A, Deletion of HIF-2α but not HIF-1α in the K14cre-VHL+^f/+^f background restores plasma EPO (wt n = 36, K14cre-VHL+^f/+^f n = 23, K14cre-VHL+^f/+^fHIF-1α+^f/+^f n = 15, K14cre-VHL+^f/+^f HIF-2α+^f/+^f n = 3, K14cre-VHL+^f/+^f HIF-1α+^f/+^{f f} HIF-2α+^f/+^f n = 3) and blood hematocrit (B) to wild type levels (wt n = 43, K14cre-VHL+^f/+^f n = 32, K14cre-VHL+^f/+^f HIF-1α+^f/+^f n = 17, K14cre-VHL+^f/+^f HIF-2α+^f/+^f n = 3, K14cre-VHL+^f/+^f HIF-1α+^f/+^{f f} HIF-2α+^f/+^f n = 3). Deletion of both HIF-1α and HIF-2α is similar in effect to deletion of HIF-2α alone. C, Blood oxygen saturation is normal in K14cre-VHL+^f/+^f animals (wt n = 7, K14cre-VHL+^f/+^f n = 6), but animals are hypotensive (wt n = 17, K14cre-VHL+^f/+^f n = 10). D, Blood flow in the K14cre-VHL+^f/+^f is shifted away from the liver and kidney, and toward the skin, as measured by microsphere distribution (wt n = 11, K14cre-VHL+^f/+^f n = 4). E, The shift in blood flow corresponds to increased EF5 binding/hypoxia in the kidney and liver of K14cre-VHL+^f/+^f (wt n = 8, K14cre-VHL+^f/+^f n = 4). F, Nitric oxide metabolites are increased in K14cre-VHL+^f/+^f plasma, demonstrating increased NO production (wt n = 33, K14cre-VHL+^f/+^f n = 8). All graphs represent mean ± SEM.

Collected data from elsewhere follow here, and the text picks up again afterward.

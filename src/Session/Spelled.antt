-- ===== src/Session/Spelled.antt =====
-- A signer to try viewer/session.go with: it spells bytes in letters.
use phimtor.Base.{
  ℕ, zero, suc, ◌+◌, ◌==◌, Option, none, some, [], ◌∷◌, ◌++◌, All, if◌then◌else◌, ◌≡◌, refl, arith,
  ◌∙◌,
}
use phimtor.Base.Bytes.{Bytes}
use phimtor.Session.{Signer, IsSigner, IsCode}

spelled : ℕ → Bytes → Bytes
spelled zero t = b'b' ∷ t
spelled (suc n) t = b'a' ∷ spelled n t

pub spell_all : Bytes → Bytes
unfolding spelled
spell_all [] = []
spell_all (c ∷ s) = spelled c (spell_all s)

abbrev cons_some : ℕ → Option Bytes → Option Bytes
cons_some c none = none
cons_some c (some s) = some (c ∷ s)

pub read_spelled : ℕ → Bytes → Option Bytes
read_spelled n [] = some []
read_spelled n (c ∷ s) =
    let more = read_spelled (suc n) s in
    let next = cons_some n (read_spelled 0 s) in if c == b'b' then next else more

read_spelled-spelled :
    (n c : ℕ) (t : Bytes) → read_spelled n (spelled c t) ≡ cons_some (n + c) (read_spelled 0 t)
unfolding read_spelled spelled
read_spelled-spelled n zero t = ground arith
read_spelled-spelled n (suc c) t = ground (arith, read_spelled-spelled (suc n) c t)

read_spelled-spell_all : (s : Bytes) → read_spelled 0 (spell_all s) ≡ some s
unfolding read_spelled spell_all
read_spelled-spell_all [] = refl
read_spelled-spell_all (c ∷ s) =
    read_spelled-spelled 0 c (spell_all s) ∙ ground (arith, read_spelled-spell_all s)

spelled-IsCode : (c : ℕ) (t : Bytes) → All IsCode t → All IsCode (spelled c t)
unfolding spelled
spelled-IsCode zero t h = ((omega arith, omega arith, refl), h)
spelled-IsCode (suc c) t h = ((omega arith, omega arith, refl), spelled-IsCode c t h)

spell_all-IsCode : (s : Bytes) → All IsCode (spell_all s)
unfolding spell_all
spell_all-IsCode [] = tt
spell_all-IsCode (c ∷ s) = spelled-IsCode c (spell_all s) (spell_all-IsCode s)

abbrev pub signer : Signer
signer = record {
  mac = λ key payload. key ++ payload;
  encode = spell_all;
  decode = read_spelled 0;
  trim_space = λ t. t;
}

pub signer-IsSigner : IsSigner signer
signer-IsSigner = record {
  decode-encode = read_spelled-spell_all;
  encode-IsCode = spell_all-IsCode;
  trim_space-printed = λ b h. refl;
}
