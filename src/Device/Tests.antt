-- ===== src/Device/Tests.antt =====
-- Pairings of televisions at concrete values.
use phimtor.Base.{
  ℕ, ◌≤◌, ◌++◌, true, false, ◌&&◌, Option, none, some, List, [], ◌∷◌, length, if◌then◌else◌, ◌≡◌,
  ◌≢◌, refl, ap, ◌∙◌, arith, leb,
}
use phimtor.Base.Bytes.{Bytes, codes, same_bytes, same_bytes_refl, same_bytes-equal}
use phimtor.Session.{mint_device_token}
use phimtor.Session.Spelled.{signer, signer-IsSigner}
use phimtor.Device.{
  Devices, Letters, user_code_len, random_user_code, format_user_code, normalize_user_code,
  create_device_pairing, approve_device_pairing, affected, device_active, device_pairing, is_taken,
  kept_letters,
}
use phimtor.Device.Handlers.{
  TokenAnswer, ApproveAnswer, account_answer, approved_answer, status_answer, token_answer,
  handle_device_approve, handle_device_token, handle_device_logout, device_user,
}
use phimtor.Device.Codes.{IsLetters, upper, lower_case, normalize_user_code-random_user_code}
use phimtor.Device.Pairing.{
  Call, IsSame, IsWell, no_devices, step, run, approve_device_pairing_once,
}
use phimtor.Device.Keeping.{run-IsWell, no_devices-IsWell}
use phimtor.Device.Revoking.{Approves, Some, run-new-active}
use phimtor.Device.Access.{
  IsAccounts, device_user-handle_device_logout, device_user-handle_device_token,
}
use phimtor.Device.Linking.{handle_device_token-handle_device_approve}

same_bytes-IsSame : IsSame same_bytes
same_bytes-IsSame = record {
  reflexive = same_bytes_refl;
  symmetric = λ a b h. ap (λ x. same_bytes b x) (same_bytes-equal a b h) ∙ same_bytes_refl b;
  transitive = λ a b c h k. ap (λ x. same_bytes x c) (same_bytes-equal a b h) ∙ k;
}

abbrev letters : Letters
letters = record { to_upper = upper; trim_space = λ s. s }

letters-IsLetters : IsLetters letters
letters-IsLetters = record { to_upper-ascii = λ c h. refl; trim_space-printed = λ s h. refl }

abbrev calls : List Call
calls =
    Call.create 100 (codes "secret") (codes "ACDEFGHJ") (codes "tv") 900
    ∷ Call.approve 200 (codes "ACDEFGHJ") 7
    ∷ Call.reap 2000
    ∷ []

abbrev table : Devices
table = run same_bytes calls no_devices

table-IsWell : IsWell same_bytes table
table-IsWell =
    run-IsWell same_bytes calls no_devices same_bytes-IsSame (no_devices-IsWell same_bytes)

table_active : device_active 1 7 table.rows ≡ true
unfolding device_active run step
table_active = refl

run-IsWell_example : IsWell same_bytes (run same_bytes calls no_devices)
run-IsWell_example =
    run-IsWell same_bytes calls no_devices same_bytes-IsSame (no_devices-IsWell same_bytes)

run-new-active_example : Some (Approves 7) calls
run-new-active_example = run-new-active same_bytes 1 7 calls table_active

abbrev open_table : Devices
open_table =
    run same_bytes (Call.create 100 (codes "secret") (codes "ACDEFGHJ") (codes "tv") 900 ∷ [])
      no_devices

open_table-IsWell : IsWell same_bytes open_table
open_table-IsWell =
    run-IsWell same_bytes
      (Call.create 100 (codes "secret") (codes "ACDEFGHJ") (codes "tv") 900 ∷ []) no_devices
      same_bytes-IsSame (no_devices-IsWell same_bytes)

approve_device_pairing_once_example :
    (affected same_bytes 200 (codes "ACDEFGHJ") open_table.rows ≤ 1)
    × ((approve_device_pairing same_bytes 201
          (codes "ACDEFGHJ")
          8
          (approve_device_pairing same_bytes 200 (codes "ACDEFGHJ") 7 open_table).1).0
        ≡ false)
approve_device_pairing_once_example =
    approve_device_pairing_once same_bytes 200 201 (codes "ACDEFGHJ") 7 8 open_table
      same_bytes-IsSame open_table-IsWell (omega arith)

device_user-handle_device_logout_example :
    device_user signer
      (codes "k")
      5000
      true
      (codes "Bearer x")
      (run same_bytes [] (handle_device_logout true (some 1) 7 table).1)
    ≢ some (7, 1)
device_user-handle_device_logout_example =
    device_user-handle_device_logout same_bytes 1 7 table table-IsWell table_active [] signer
      (codes "k") 5000 true (codes "Bearer x") 7

abbrev user_by_id : ℕ → Option ℕ
user_by_id a = if leb 1 a && leb a 9 then some a else none

user_by_id-IsAccounts : IsAccounts user_by_id
user_by_id-IsAccounts a b h = (ground arith, ground arith, ground arith)

abbrev token : Bytes
token = mint_device_token signer (codes "k") 1000 7 1

poll_answers_token :
    (handle_device_token same_bytes signer
      (codes "k")
      1000
      user_by_id
      true
      300
      (some (codes "secret"))
      table).0
    ≡ TokenAnswer.access_token token
unfolding handle_device_token token_answer status_answer approved_answer account_answer
    device_pairing run step
poll_answers_token = refl

device_user-handle_device_token_example :
    (user : ℕ) × (device : ℕ) × (device_active device user table.rows ≡ true)
    × (device_user signer
          (codes "k")
          2000
          true
          (codes "Bearer " ++ token)
          (handle_device_token same_bytes signer
            (codes "k")
            1000
            user_by_id
            true
            300
            (some (codes "secret"))
            table).1
        ≡ some (user, device))
device_user-handle_device_token_example =
    device_user-handle_device_token same_bytes signer (codes "k") 1000 2000 300 user_by_id
      (codes "secret") token table signer-IsSigner user_by_id-IsAccounts table-IsWell
      (unfold run step in omega arith) (omega arith) (omega arith) poll_answers_token

normalize_user_code-random_user_code_example :
    (code : Bytes) × (random_user_code (some (codes "abcdefgh_-z")) ≡ some code)
    × (length code ≡ user_code_len)
    × (normalize_user_code letters (format_user_code code) ≡ code)
    × (normalize_user_code letters (lower_case (format_user_code code)) ≡ code)
normalize_user_code-random_user_code_example =
    normalize_user_code-random_user_code letters (codes "abcdefgh_-z") letters-IsLetters
      (omega arith)

abbrev made : Devices
made =
    (create_device_pairing same_bytes 100 (codes "s") (codes "ACDEFGHJ") (codes "tv") 900
      no_devices).1

abbrev answer : ApproveAnswer × Devices
answer = handle_device_approve same_bytes letters true true 200 7 (some (codes "acde-fghj")) made

handle_device_token-handle_device_approve_example :
    (answer.0 ≡ ApproveAnswer.linked)
    × ((handle_device_token same_bytes signer
          (codes "k")
          1000
          user_by_id
          true
          300
          (some (codes "s"))
          answer.1).0
        ≡ TokenAnswer.access_token token)
handle_device_token-handle_device_approve_example =
    handle_device_token-handle_device_approve same_bytes signer (codes "k") 1000 user_by_id letters
      (codes "acde-fghj") 100 200 300 (codes "s") (codes "ACDEFGHJ") (codes "tv") 900 1 7 no_devices
      same_bytes-IsSame (unfold create_device_pairing is_taken in refl) (ground arith)
      (unfold normalize_user_code kept_letters in refl) refl (omega arith) refl
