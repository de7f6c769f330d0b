-- ===== src/Enrollment.antt =====
-- manager/enrollment.go: the allow-list of streamers. The digest of a control token is an argument, and
-- so are the clock and whether a flush to disk works: its error is logged and has no effect here.
-- `subtle.ConstantTimeCompare` is equality.
pub mod Pinning
mod Tests
use phimtor.Base.{
  ℕ, Bool, true, false, String, Option, none, some, List, [], ◌∷◌, lookup, ite, String_discrete,
  if◌then◌else◌,
}
use phimtor.Base.Assoc.{delete, insert}

pub data VerifyStatus : Type 0 where
  verify_pending : VerifyStatus
  verify_approved : VerifyStatus
  verify_mismatch : VerifyStatus

pub record Enrollment : Type 0 where
  pub id : String
  pub fingerprint_hash : String
  pub approved : Bool
  pub first_seen : ℕ
  pub approved_at : ℕ
  pub last_internal_url : String
  pub last_public_url : String
  pub last_version : String

pub record Report : Type 0 where
  pub internal_url : String
  pub public_url : String
  pub version : String

abbrev pub Enrollments : Type 0
Enrollments = List (String × Enrollment)

abbrev pub same_digest : String → String → Bool
same_digest a b = ite (String_discrete a b) true false

pub load : List Enrollment → Enrollments → Enrollments
load [] set = set
load (e ∷ entries) set = load entries (insert String_discrete e.id e set)

pub refreshed : Report → Enrollment → Enrollment
refreshed report e = record e {
  last_internal_url = report.internal_url;
  last_public_url = report.public_url;
  last_version = report.version;
}

pub first_contact : ℕ → String → String → Report → Enrollment
first_contact now id fingerprint report = record {
  id = id;
  fingerprint_hash = fingerprint;
  approved = false;
  first_seen = now;
  approved_at = 0;
  last_internal_url = report.internal_url;
  last_public_url = report.public_url;
  last_version = report.version;
}

module _ (fingerprint : String → String) where
  pub verify_known : String → String → Report → Enrollment → Enrollment × VerifyStatus
  unfolding refreshed
  verify_known id token report e =
      let e' = refreshed report e in
      if e'.approved
      then (
        e',
        (if same_digest e'.fingerprint_hash (fingerprint token)
            then verify_approved
            else verify_mismatch),
      )
      else (record e' { fingerprint_hash = fingerprint token }, verify_pending)

  pub verify : ℕ → String → String → Report → Enrollments → Enrollments × VerifyStatus
  unfolding first_contact verify_known
  verify now id token report set = elim (lookup String_discrete id set) [
    | none ↦ (
      insert String_discrete id (first_contact now id (fingerprint token) report) set,
      verify_pending,
    )
    | some e ↦
        let (e', status) = verify_known id token report e in
        (insert String_discrete id e' set, status)
  ]

pub approve : ℕ → String → Enrollments → Enrollments × Bool
approve now id set = elim (lookup String_discrete id set) [
  | none ↦ (set, false)
  | some e ↦ (insert String_discrete id (record e { approved = true; approved_at = now }) set, true)
]

pub revoke : String → Enrollments → Enrollments × Bool
revoke id set = elim (lookup String_discrete id set) [
  | none ↦ (set, false)
  | some _ ↦ (delete String_discrete id set, true)
]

A, Systemic inhibition of NO synthesis by L-NAME increases plasma EPO in wild type mice (wt n = 36, wt + L-NAME n = 12). Global iNOS knockout mice show significantly elevated EPO plasma levels following hypoxia relative to wild type mice (wt n = 25, iNOS−/− n = 7). B, NO synthesis inhibition by treatment with L-NAME restores plasma EPO levels to levels similar to L-NAME-treated wild type mice, when administered to K14cre-VHL+^f/+^f mice (K14cre-VHL+^f/+^f n = 23, K14cre-VHL+^f/+^f + L-NAME 3 days n = 3, K14cre-VHL+^f/+^f + L-NAME 4 days n = 4). C, NO donor (nitroglycerine) applied to the skin of wild type mice increases plasma EPO levels; similar systemic doses of NO donor do not significantly affect plasma EPO levels (control n = 20, Systemic nitroglycerine n = 3, Epidermal nitroglycerine n = 9). D, Epidermal NO donor administration induces renal EPO mRNA expression (control n = 9, Epidermal nitroglycerine n = 3). E, Epidermal nitroglycerin shifts blood flow (control n = 11, Epidermal nitroglycerine n = 6) towards the skin and increases renal and hepatic hypoxia (F), in a manner similar to that seen in K14cre-VHL+^f/+^f mice (control n = 8, Epidermal nitroglycerine n = 5). All graphs represent mean ± SEM.